** Data supplied **
============================================================

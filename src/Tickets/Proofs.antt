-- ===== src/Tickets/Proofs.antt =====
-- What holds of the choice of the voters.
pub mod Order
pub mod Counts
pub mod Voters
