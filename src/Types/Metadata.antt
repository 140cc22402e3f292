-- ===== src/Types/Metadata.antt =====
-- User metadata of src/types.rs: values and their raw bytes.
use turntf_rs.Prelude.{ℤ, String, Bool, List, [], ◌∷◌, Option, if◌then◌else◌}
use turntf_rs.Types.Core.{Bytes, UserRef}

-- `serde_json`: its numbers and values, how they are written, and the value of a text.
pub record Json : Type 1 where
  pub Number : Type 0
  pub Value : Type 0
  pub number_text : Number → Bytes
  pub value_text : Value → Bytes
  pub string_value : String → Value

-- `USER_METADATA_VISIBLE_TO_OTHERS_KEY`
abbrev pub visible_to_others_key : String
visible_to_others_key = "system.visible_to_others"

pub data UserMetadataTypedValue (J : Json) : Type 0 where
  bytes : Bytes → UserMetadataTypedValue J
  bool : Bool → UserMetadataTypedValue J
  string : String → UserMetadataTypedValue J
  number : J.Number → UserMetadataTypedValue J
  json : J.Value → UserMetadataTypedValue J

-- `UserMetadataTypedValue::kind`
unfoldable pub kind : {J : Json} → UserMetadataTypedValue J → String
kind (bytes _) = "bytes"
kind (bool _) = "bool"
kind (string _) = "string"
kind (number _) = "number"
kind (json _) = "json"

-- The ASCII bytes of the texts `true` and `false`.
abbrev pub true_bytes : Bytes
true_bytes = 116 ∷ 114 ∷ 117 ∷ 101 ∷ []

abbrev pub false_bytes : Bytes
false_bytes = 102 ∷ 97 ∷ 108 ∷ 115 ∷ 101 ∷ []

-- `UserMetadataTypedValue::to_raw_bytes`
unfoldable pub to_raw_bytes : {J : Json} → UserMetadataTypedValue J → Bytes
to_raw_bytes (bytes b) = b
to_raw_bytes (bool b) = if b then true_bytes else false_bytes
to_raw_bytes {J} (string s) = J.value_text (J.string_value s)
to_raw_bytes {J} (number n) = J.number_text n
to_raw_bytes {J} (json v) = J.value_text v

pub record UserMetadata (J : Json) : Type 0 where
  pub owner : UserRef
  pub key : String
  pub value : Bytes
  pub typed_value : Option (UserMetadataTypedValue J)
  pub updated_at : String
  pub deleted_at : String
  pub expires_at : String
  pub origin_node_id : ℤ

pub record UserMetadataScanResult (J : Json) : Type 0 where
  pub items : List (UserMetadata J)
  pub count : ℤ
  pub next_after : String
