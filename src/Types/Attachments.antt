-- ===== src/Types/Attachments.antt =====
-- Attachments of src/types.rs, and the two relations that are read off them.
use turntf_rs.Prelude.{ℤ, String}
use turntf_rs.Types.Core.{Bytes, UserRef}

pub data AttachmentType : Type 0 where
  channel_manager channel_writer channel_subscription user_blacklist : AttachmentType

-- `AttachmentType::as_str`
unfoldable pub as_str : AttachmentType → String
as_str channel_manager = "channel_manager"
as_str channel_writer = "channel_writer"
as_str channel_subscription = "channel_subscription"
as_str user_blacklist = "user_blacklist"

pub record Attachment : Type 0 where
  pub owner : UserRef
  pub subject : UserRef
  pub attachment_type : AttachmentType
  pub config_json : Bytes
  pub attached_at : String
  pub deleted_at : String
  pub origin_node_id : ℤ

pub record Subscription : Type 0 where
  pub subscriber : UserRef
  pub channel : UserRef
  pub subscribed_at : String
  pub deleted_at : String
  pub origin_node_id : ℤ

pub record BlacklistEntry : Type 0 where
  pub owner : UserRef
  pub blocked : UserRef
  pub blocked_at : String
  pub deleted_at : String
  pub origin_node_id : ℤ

============================================================

** Required work **
Count each line of the listing that contains "Attachments" and give the count alone.

** Solution to this exercise **
3